[libhtml-tidy-perl] 03/10: Add patches to make the tests pass with tidy-html5 providing libtidy

gregor herrmann gregoa at debian.org
Sat Jul 23 13:30:28 UTC 2016


This is an automated email from the git hooks/post-receive script.

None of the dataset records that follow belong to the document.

-- ===== src/Ring/Window.antt =====
-- Which slots `enqueue_values` writes and `dequeue_values` reads, as a window of the ring that goes
-- round its end.
use fuxi_n.Prelude.{
  ℕ, zero, suc, ◌+◌, ◌-◌, ◌%◌, ◌^◌, ◌≤◌, ◌<◌, bit_and, min, ◌≡◌, refl, sym, ap, ◌∙◌, inl, inr, List,
  [], ◌∷◌, ◌++◌, Array, u32_mod, ltb, leb, if◌then◌else◌, ◌&&◌, Bool-cases, arith, length,
}
use fuxi_n.Prelude.Bits.{bit_and-mask}
use native.Mathlib.Nat.{
  mod-add-mod, mod-eq_of_lt, mod-eq-sub-mod, mod-lt, add-zero, zero-add, suc-add, one-le-pow,
  pow-le-pow_right,
}
use fuxi_n.Ring.Copy.{copy_run, copy_run_lem, copy_unrolled_lem}
use fuxi_n.Ring.{enqueue_values, dequeue_values}

-- The slot `k` places after the one of counter `h`.
pub add-mod_cases :
    (h k size : ℕ)
    → k < size
    → (h + k) % size ≡ (if ltb (h % size + k) size then h % size + k else h % size + k - size)
add-mod_cases h k size lt = elim (Bool-cases (ltb (h % size + k) size)) [
  | inl below ↦ rw below (sym (mod-add-mod h size k) ∙ mod-eq_of_lt (ground arith))
  | inr above ↦ rw above (
      sym (mod-add-mod h size k)
      ∙ mod-eq-sub-mod {n = h % size + k} {m = size} (ground arith)
      ∙ mod-eq_of_lt (omega (arith, mod-lt h {m = size} (omega arith))))
]

shift : (h k : ℕ) → h + 1 + k ≡ h + suc k
shift h k = omega arith

module _ {A : Type 0} where
  -- The `n` values from counter `h` on.
  abbrev pub items : Array A → ℕ → ℕ → ℕ → List A
  items st size h zero = []
  items st size h (suc n) = st (h % size) ∷ items st size (h + 1) n

  -- `t[s]` to `t[s + n - 1]`
  abbrev pub values : Array A → ℕ → ℕ → List A
  values t s zero = []
  values t s (suc n) = t s ∷ values t (s + 1) n

  pub length-items : (st : Array A) (size h n : ℕ) → length (items st size h n) ≡ n
  length-items st size h zero = refl
  length-items st size h (suc n) = ap suc (length-items st size (h + 1) n)

  pub length-values : (t : Array A) (s n : ℕ) → length (values t s n) ≡ n
  length-values t s zero = refl
  length-values t s (suc n) = ap suc (length-values t (s + 1) n)

  pub items-add :
      (st : Array A) (size h m n : ℕ)
      → items st size h (m + n) ≡ items st size h m ++ items st size (h + m) n
  items-add st size h zero n = rw (zero-add, add-zero)
  items-add st size h (suc m) n = rw (suc-add, items-add st size (h + 1) m n, shift h m)

  pub items-congr :
      (st t : Array A) (size h h' n : ℕ)
      → ((k : ℕ) → k < n → st ((h + k) % size) ≡ t ((h' + k) % size))
      → items st size h n ≡ items t size h' n
  items-congr st t size h h' zero same = refl
  items-congr st t size h h' (suc n) same = ground (
    arith,
    ap (λ k. st (k % size)) (add-zero h),
    ap (λ k. t (k % size)) (add-zero h'),
    same 0 (omega arith),
    items-congr st t size (h + 1) (h' + 1) n
        λ k lt. rw (shift h k, shift h' k) (same (suc k) (omega arith)),
  )

  pub items-eq-values :
      (st t : Array A) (size h s n : ℕ)
      → ((k : ℕ) → k < n → st ((h + k) % size) ≡ t (s + k))
      → items st size h n ≡ values t s n
  items-eq-values st t size h s zero same = refl
  items-eq-values st t size h s (suc n) same = ground (
    arith,
    ap (λ k. st (k % size)) (add-zero h),
    ap t (add-zero s),
    same 0 (omega arith),
    items-eq-values st t size (h + 1) (s + 1) n
        λ k lt. rw (shift h k, shift s k) (same (suc k) (omega arith)),
  )

-- A ring of `size` = 2^bits slots with its mask.
module _ (bits size mask : ℕ) (pow : size ≡ 2 ^ bits) (small : bits ≤ 31)
    (masked : mask ≡ size - 1) where
  pub size_bounds : (0 < size) × (size ≤ 2 ^ 31)
  size_bounds = (
    ground (arith, one-le-pow bits 2),
    rw pow (pow-le-pow_right {n = 2} (omega arith) {i = bits} {j = 31} small),
  )

  pub slot : (h : ℕ) → bit_and h mask ≡ h % size
  slot h = rw (masked, pow) (bit_and-mask bits h)

  module _ {A : Type 0} (ring t : Array A) (h n : ℕ) (fits : n ≤ size) where
    -- What a write of `n` values at counter `h` leaves in slot `j`.
    pub enqueue_values_at :
        (j : ℕ)
        → enqueue_values size mask ring h t n j ≡ (
            if leb (h % size) j && ltb j (min size (h % size + n))
            then t (j - h % size)
            else if ltb (j + size) (h % size + n)
            then t (j + size - h % size)
            else ring j)
    unfolding enqueue_values
    enqueue_values_at j = rw slot (elim (Bool-cases (ltb ((p + n) % u32_mod) size)) [
      | inl fast ↦
          rw (fast, copy_unrolled_lem n ring p t 0 j)
            (ground (arith, size_bounds, mod-lt h {m = size}))
      | inr slow ↦
          rw
            (
              slow,
              copy_run_lem (n - upper) (copy_run upper ring p t 0) 0 t upper j,
              copy_run_lem upper ring p t 0 j,
            )
            (ground (arith, size_bounds, mod-lt h {m = size}))
    ])
      where
        p : ℕ
        p = h % size

        upper : ℕ
        upper = size - h % size

    pub enqueue_values-new :
        (k : ℕ) → k < n → enqueue_values size mask ring h t n ((h + k) % size) ≡ t k
    enqueue_values-new k lt =
        enqueue_values_at ((h + k) % size)
        ∙ ground (arith, size_bounds, mod-lt h {m = size}, add-mod_cases h k size)

    pub enqueue_values-old :
        (k : ℕ)
        → n ≤ k
        → k < size
        → enqueue_values size mask ring h t n ((h + k) % size) ≡ ring ((h + k) % size)
    enqueue_values-old k le lt =
        enqueue_values_at ((h + k) % size)
        ∙ ground (arith, size_bounds, mod-lt h {m = size}, add-mod_cases h k size)

    -- Nothing is written past the end of the ring.
    pub enqueue_values-outside : (j : ℕ) → size ≤ j → enqueue_values size mask ring h t n j ≡ ring j
    enqueue_values-outside j le =
        enqueue_values_at j ∙ ground (arith, size_bounds, mod-lt h {m = size})

    -- What a read of `n` values at counter `h` leaves at offset `j` of the table.
    pub dequeue_values_at :
        (j : ℕ)
        → dequeue_values size mask ring h t n j ≡ (if ltb j n then ring ((h + j) % size) else t j)
    unfolding dequeue_values
    dequeue_values_at j = rw slot (elim (Bool-cases (ltb ((p + n) % u32_mod) size)) [
      | inl fast ↦
          rw (fast, copy_unrolled_lem n t 0 ring p j)
            (ground (arith, size_bounds, mod-lt h {m = size}, add-mod_cases h j size))
      | inr slow ↦
          rw
            (
              slow,
              copy_run_lem (n - upper) (copy_run upper t 0 ring p) upper ring 0 j,
              copy_run_lem upper t 0 ring p j,
            )
            (ground (arith, size_bounds, mod-lt h {m = size}, add-mod_cases h j size))
    ])
      where
        p : ℕ
        p = h % size

        upper : ℕ
        upper = size - h % size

gregoa pushed a commit to branch master
in repository libhtml-tidy-perl.

commit f2652c498511e9de6ce6b06eb0445cfa532ce20e
Author: Simon McVittie <smcv at debian.org>
Date:   Fri Jul 22 09:49:52 2016 +0100

    Add patches to make the tests pass with tidy-html5 providing libtidy
    
    Closes: #829409
---
 debian/changelog                                   |   8 ++
 debian/control                                     |   2 +-
 ...tidy-html5-s-differently-formatted-summar.patch |  24 ++++
 debian/patches/series                              |   6 +
 .../patches/t-allow-tidy-html5-as-generator.patch  |  47 ++++++++
 ...ert-that-tidy-will-add-a-HTML-3.2-doctype.patch |  52 +++++++++
 ...-don-t-assert-that-the-DOCTYPE-is-preserv.patch |  36 ++++++
 ...-HTML5-DOCTYPE-to-get-warnings-about-unes.patch | 128 +++++++++++++++++++++
 ...s.t-adjust-expected-result-for-tidy-html5.patch |  58 ++++++++++
 9 files changed, 360 insertions(+), 1 deletion(-)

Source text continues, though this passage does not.